[Problem statement]
Write out each record again exactly as it stands.
### Supplied material
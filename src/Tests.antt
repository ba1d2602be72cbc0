-- ===== src/Tests.antt =====
-- The theorems at concrete inputs, and the code on small runs.
pub mod Requests
pub mod Agent
pub mod Tables
pub mod Wire
pub mod Started
pub mod Stream
pub mod Service
pub mod Sharing
pub mod Pointers
pub mod Threads
pub mod Lost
######
[Result of the task]
filename src/Tests.antt
repository ba1d2602be72cbc0
-- ===== src/Tests.antt =====
-- The theorems at concrete inputs, and the code on small runs.
pub mod Requests
pub mod Agent
pub mod Tables
pub mod Wire
pub mod Started
pub mod Stream
pub mod Service
pub mod Sharing
pub mod Pointers
pub mod Threads
pub mod Lost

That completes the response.